On 15 June 2004, the Public Health Alliance Ireland has launched a publication outlining health inqualities and the links to other forms of social and economic disadvantage.
Health in Ireland: An unequal Statebrings together information and evidence from a wide variety of sources. The Public Health Alliance Ireland is an independent alliance whose mission is to work together for a healthier society by improving health and challenging health inequalities
The report highlights three key points:
1. People’s health is determined by their social, economic, environmental and political context.
2. Poorer people and people experiencing exclusion, get sick more often and have shorter lives.
3. A fairer society is a healthier society.
Facts on inequalities in Ireland
Between 1989 and 1998 the death rates for all causes of death were over three times higher in the lowest occupational class than in the highest.
The death rates for all cancers among the lowest occupational class is over twice as high for the highest class, it is nearly three times higher for strokes, four times higher for lung cancer, and six times higher for accidents.
Perinatal mortality is three times higher in poorer families than in richer families.
Women in the unemployed socio-economic group are more than twice as likely to give birth to low birth weight children as women in the higher professional group.

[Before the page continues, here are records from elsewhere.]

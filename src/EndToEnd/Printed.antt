-- ===== src/EndToEnd/Printed.antt =====
-- A file on the server, fetched by the client, whose callback prints it.
use boost_asio_book.Asio.{Asio, Completion, ErrorCode, Result, crlf, ec_eq, failed, no_error, ok}
use boost_asio_book.EndToEnd.Fetch.{
  HasFile, length_field, served, status_part, served_text, ReadsInThree, cut-ReadsInThree,
  run-fetched,
}
use boost_asio_book.Http.{IsToken, request_line, block, Field}
use boost_asio_book.HttpClient.Output.{handler, handler-report}
use boost_asio_book.HttpClient.Request
use boost_asio_book.HttpClient.Request.{
  HttpRequest, Next, async_read_until, called, completes, pending, status_line_received,
}
use boost_asio_book.HttpClient.Request.Exchange.{Delivers}
use boost_asio_book.HttpClient.Request.Message.{request_text}
use boost_asio_book.HttpServer.Service.{Host}
use boost_asio_book.Prelude.{
  Bytes, Lacks, List, [], codes, equal, false, true, ◌++◌, ◌∷◌, ◌≡◌, refl, ℕ, length, ◌≤◌, ◌+◌,
  take, drop,
}
use boost_asio_book.Std.Decimal.{to_string}
use boost_asio_book.Std.Ostream.{printing}

-- The request has ended with no error, and the callback prints its response behind `text`. Where the
-- response is empty, the stream has then failed.
pub record Shows (lib : Asio) (message : ErrorCode → Bytes) (n : Result Next) (text body : Bytes)
    : Type 0 where
  pub request : HttpRequest
  pub ends : n ≡ ok (called request (no_error lib))
  pub prints : handler lib message request (no_error lib) (printing text) ≡ record {
    text =
        text
        ++ (codes "Request #"
            ++ (to_string request.id ++ (codes " has completed. Response: " ++ body)));
    failbit = equal body [];
  }

Delivers-Shows :
    (lib : Asio) (message : ErrorCode → Bytes) (n : Result Next) (text : Bytes) (code : ℕ)
    (phrase : Bytes) (fields : List Field) (body : Bytes)
    → Delivers lib n code phrase fields body
    → Shows lib message n text body
Delivers-Shows lib message n text code phrase fields body d = record {
  request = d.request;
  ends = d.ends;
  prints = rw (handler-report lib message d.request (no_error lib) text) (rw (d.has_body) refl);
}

-- A client that has sent its request gets the file from the server and prints it: for a regular file below
-- `http_root`, the client that reads what the server writes for the request, until the connection is closed,
-- calls its callback with no error, code 200, the message " OK", the file's length as the one header,
-- and the file's bytes as the body; and the callback prints them behind what has been printed before.
-- Where the file is empty, the stream has then failed. The request reaches the server in two parts, cut
-- anywhere behind its first line. What the server writes reaches the client in three, cut at `i` and at `j` further,
-- which is where a status line of the length of that of a 200 ends, or later, and where a header with
-- the file's length ends, or later. The resource is a word, and the host name has no carriage return. The
-- server's reads and its call of `shutdown` succeed, and so do the client's reads, but for the last one, which
-- the end of the connection ends; the request has a callback and no response yet, and is not cancelled.
pub fetch-Shows :
    (lib : Asio) (message : ErrorCode → Bytes) (text : Bytes) (files : Host)
    (uri host content early : Bytes) (first second : Completion) (r : HttpRequest) (i j : ℕ)
    (line rest end : Completion)
    → failed first.ec ≡ false
    → failed second.ec ≡ false
    → failed second.shutdown_ec ≡ false
    → IsToken uri
    → Lacks b'\r' host
    → HasFile files uri content
    → first.received ≡ request_line (codes "GET") uri (codes "HTTP/1.1") ++ (crlf ++ early)
    → first.received ++ second.received ≡ request_text uri host
    → r.callback ≡ true
    → r.was_cancelled ≡ false
    → r.response ≡ Request.new_response
    → failed line.ec ≡ false
    → failed rest.ec ≡ false
    → ec_eq end.ec lib.eof ≡ true
    → length (codes "HTTP/1.1 200 OK" ++ crlf) ≤ i
    → length (codes "HTTP/1.1 200 OK" ++ crlf) + length (block (length_field content)) ≤ i + j
    → line.received ≡ take i (served lib files first second)
    → rest.received ≡ take j (drop i (served lib files first second))
    → end.received ≡ drop j (drop i (served lib files first second))
    → Delivers lib
        (Request.run lib
          (ok (pending (async_read_until crlf) status_line_received r))
          (completes line ∷ completes rest ∷ completes end ∷ []))
        200
        (codes "OK")
        (length_field content)
        content
      × Shows lib message
          (Request.run lib
            (ok (pending (async_read_until crlf) status_line_received r))
            (completes line ∷ completes rest ∷ completes end ∷ []))
          text
          content
unfolding to_string
fetch-Shows lib message text files uri host content early first second r i j line rest end e1 e2 e3
      u h f l all cb w new d1 d2 d3 past_line past_headers l' r' t' =
    let fields = block (length_field content) in
    let whole = status_part ++ (fields ++ content) in
    let same = served_text lib files uri host content early first second e1 e2 e3 u h f l all in
    let cut : ReadsInThree status_part fields whole line.received rest.received end.received =
      rw (l', r', t', same)
        (cut-ReadsInThree status_part fields content i j past_line past_headers) in
    let d = run-fetched lib content r line rest end cb w new d1 d2 d3 cut in
    (d, Delivers-Shows lib message _ text 200 (codes "OK") (length_field content) content d)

The incidence of chronic physical illness has been found to be two and a half times higher for poor people than for the wealthy.
Men in unskilled jobs were four times more likely to be admitted to hospital for schizophrenia than higher professional workers.

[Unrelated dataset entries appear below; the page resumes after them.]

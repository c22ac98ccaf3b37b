-- ===== src/EndToEnd/RoundTrip.antt =====
-- The request of the client, parsed by the server.
use boost_asio_book.Std.StringMap.{insert}
use boost_asio_book.Asio.{Asio, Completion, ErrorCode, crlf, failed, ok}
use boost_asio_book.EndToEnd.Fetch.{request_fields}
use boost_asio_book.Http.{IsToken, block, get-IsToken, version-IsToken}
use boost_asio_book.HttpClient.Request
use boost_asio_book.HttpClient.Request.{HttpRequest}
use boost_asio_book.HttpClient.Request.Message.{request_text, run-request_text}
use boost_asio_book.HttpClient.Request.Progress.{IsComplete}
use boost_asio_book.HttpServer.Service
use boost_asio_book.HttpServer.Service.{Headers, header_loop, new_service, start_headers}
use boost_asio_book.HttpServer.Service.Loop.{header_loop-block}
use boost_asio_book.HttpServer.Service.RequestLine.{on_request_line_received-request_line}
use boost_asio_book.Prelude.{
  Bytes, Lacks, codes, refl, false, ◌≡◌, ◌∷◌, [], some, ◌++◌, suc, length,
}

-- The bytes that one request of the client writes, and what the server makes of them: once it has
-- read them, whether or not it has looked for the resource.
pub record Parsed (lib : Asio) (r : HttpRequest) (resolved connected : Completion)
    (ec shutdown_ec : ErrorCode) : Type 0 where
  pub text : Bytes
  pub client : HttpRequest
  pub service : Service.Service
  pub headers : Headers
  pub writes :
      Request.run lib
        (Request.execute lib r)
        (Request.completes resolved ∷ Request.completes connected ∷ [])
      ≡ ok (Request.pending (Request.async_write text) Request.request_sent client)
  pub reads :
      Service.on_request_line_received lib (record new_service { request = text }) ec shutdown_ec
      ≡ ok (
          Service.pending
            (Service.async_read_until (crlf ++ crlf) Service.headers_received)
            service)
  pub loop : header_loop (suc (suc (length service.request))) (start_headers service) ≡ some headers
  pub resource : service.requested_resource ≡ r.uri
  pub parsed : headers.parsed ≡ (codes "Host", b' ' ∷ r.host) ∷ []

-- The server reads back what the client has asked for: once the client's host is resolved and
-- connected to, the request that it writes makes the server wait for the headers, with the client's
-- resource stored, and the server's loop over the headers ends with the client's host as the one
-- header. The request is complete and not cancelled, its resource is a word, its host has no carriage
-- return, and the operations succeed.
pub execute-Parsed :
    (lib : Asio) (r : HttpRequest) (resolved connected : Completion) (ec shutdown_ec : ErrorCode)
    → IsComplete r
    → r.was_cancelled ≡ false
    → r.request_buf ≡ []
    → failed resolved.ec ≡ false
    → failed connected.ec ≡ false
    → failed ec ≡ false
    → IsToken r.uri
    → Lacks b'\r' r.host
    → Parsed lib r resolved connected ec shutdown_ec
unfolding insert
execute-Parsed lib r resolved connected ec shutdown_ec v w b e1 e2 e u h =
    let (client, writes) = run-request_text lib r resolved connected v w b e1 e2 in
    let fields = (codes "Host", b' ' ∷ r.host) ∷ [] in
    let text = request_text r.uri r.host in
    let line =
      on_request_line_received-request_line lib (record new_service { request = text })
        (codes "GET") r.uri (codes "HTTP/1.1") (block fields) ec shutdown_ec e get-IsToken u
        version-IsToken refl in
    let s = record new_service { request = block fields; requested_resource = r.uri } in
    let (last, loop, parsed, buf) = header_loop-block fields s (request_fields r.host h) refl in
    record {
      text = text;
      client = client;
      service = s;
      headers = last;
      writes = writes;
      reads = line;
      loop = loop;
      resource = refl;
      parsed = parsed;
    }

The rate of hospitalisation for mental illness is more than 6 times higher for people in the lower socio-economic groups as compared with those in the higher groups.
The incidence of male suicide is far higher in the lower socio-economic groups as compared with the higher groups.

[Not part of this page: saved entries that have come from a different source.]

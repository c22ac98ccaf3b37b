-- ===== src/EndToEnd/Tests.antt =====
-- The theorems on the client and the server together, at concrete inputs.
use boost_asio_book.EndToEnd.RoundTrip.{Parsed, execute-Parsed}
use boost_asio_book.HttpClient.Request.Exchange.{Delivers}
use boost_asio_book.Std.StringMap.{insert}
use boost_asio_book.EndToEnd.NoBody.{no_body-called}
use boost_asio_book.Std.Stream.{getline, get, extract, split_at, skip_spaces, take_word}
use boost_asio_book.Std.Decimal.{to_string}
use boost_asio_book.Prelude.{true, Bytes, [], codes, ◌∷◌, refl, ◌≡◌, arith}
use boost_asio_book.EndToEnd.Fetch.{HasFile}
use boost_asio_book.EndToEnd.Printed.{Shows, fetch-Shows}
use boost_asio_book.Asio.{ErrorCode, Completion, ok, crlf, failed}
use boost_asio_book.Sample.{boost, success, reads, files}
use boost_asio_book.HttpServer.Service
use boost_asio_book.HttpClient.Request
use boost_asio_book.HttpClient.Request.{HttpRequest, create_request, set_callback}

abbrev waiting : HttpRequest
waiting = set_callback true (create_request 1)

files-HasFile : HasFile files (codes "/a") (codes "hi")
files-HasFile = record { found = refl; opened = refl; room = refl }

abbrev closes : Completion
closes = record { ec = boost.eof; received = codes "i"; shutdown_ec = success }

abbrev message : ErrorCode → Bytes
message ec = codes "End of file"

fetch-Shows_example :
    Delivers boost
      (Request.run boost
        (ok (Request.pending (Request.async_read_until crlf) Request.status_line_received waiting))
        (Request.completes (reads (codes "HTTP/1.1 200 OK\r\nconte"))
          ∷ Request.completes (reads (codes "nt-length: 2\r\n\r\nh"))
          ∷ Request.completes closes
          ∷ []))
      200
      (codes "OK")
      ((codes "content-length", codes " 2") ∷ [])
      (codes "hi")
    × Shows boost message
        (Request.run boost
          (ok
            (Request.pending (Request.async_read_until crlf) Request.status_line_received waiting))
          (Request.completes (reads (codes "HTTP/1.1 200 OK\r\nconte"))
            ∷ Request.completes (reads (codes "nt-length: 2\r\n\r\nh"))
            ∷ Request.completes closes
            ∷ []))
        (codes "> ")
        (codes "hi")
unfolding Service.run Service.complete Service.call Service.start_handling
    Service.on_request_line_received Service.on_headers_received Service.header_loop
    Service.header_round Service.process_request Service.send_response Service.http_status_table
    getline get extract split_at skip_spaces take_word to_string insert
fetch-Shows_example =
    fetch-Shows boost message (codes "> ") files (codes "/a") (codes "me") (codes "hi") (codes "Ho")
      (reads (codes "GET /a HTTP/1.1\r\nHo")) (reads (codes "st: me\r\n\r\n")) waiting 22 17
      (reads (codes "HTTP/1.1 200 OK\r\nconte")) (reads (codes "nt-length: 2\r\n\r\nh")) closes refl
      refl refl (record { ne_nil = λ e. cc; is_word = ground arith }) (omega arith) files-HasFile
      refl refl refl refl refl refl refl refl (omega arith) (omega arith) refl refl refl

abbrev cut_off : Completion
cut_off = record { ec = boost.eof; received = []; shutdown_ec = success }

no_body-called_example :
    (r : HttpRequest) × (Request.run boost
        (ok (Request.pending (Request.async_read_until crlf) Request.status_line_received waiting))
        (Request.completes (reads (codes "HTTP/1.1 404 Not Found\r\n\r\n"))
          ∷ Request.completes cut_off
          ∷ [])
      ≡ ok (Request.called r boost.eof))
    × (failed boost.eof ≡ true)
unfolding to_string
no_body-called_example =
    no_body-called boost waiting 404 (codes "Not Found") crlf []
      (reads (codes "HTTP/1.1 404 Not Found\r\n\r\n")) cut_off refl refl refl (omega arith)
      (omega arith) refl refl (λ e. cc) refl

abbrev requesting : HttpRequest
requesting =
    Request.set_port 3333 (Request.set_uri (codes "/a") (Request.set_host (codes "me") waiting))

execute-Parsed_example : Parsed boost requesting (reads []) (reads []) success success
execute-Parsed_example =
    execute-Parsed boost requesting (reads []) (reads []) success success
      (record {
        has_port = omega arith;
        has_host = omega arith;
        has_uri = omega arith;
        has_callback = refl;
      })
      refl refl refl refl refl (record { ne_nil = λ e. cc; is_word = ground arith }) (omega arith)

The 1998 and 2002 National Health and Lifestyle Surveys, (SLAN) found that poorer people are more likely to smoke cigarettes, drink alcohol excessively, take less exercise, eat less fruit and vegetables than richer people.
On average 39% of people surveyed in 2003 identified financial problems as the greatest factor in preventing them from improving their health.
Some groups experience particularly extreme health inequalities: Members of the Traveller community live between 10 and 12 years less than the population as a whole - the 2002 census found that only 3 per cent of all Travellers were aged over 65, as compared with 11 per cent for the population generally.
The rate of sudden infant deaths among travellers is 12 times higher than for the general population.
Researchers have found that many expectant mothers in direct provision suffer malnutrition, babies in these communities suffer ill-health because of diet, many adults experience hunger.
Homeless people experience high incidence of ill-health - a 1997 report found that 40 per cent of hostel dwellers had a serious psychiatric illness, 42 per cent had problems of alcohol dependency, 18 per cent had other physical problems.
The incidence of injecting drug abuse use is almost entirely confined to people from the lower socio-economic groups.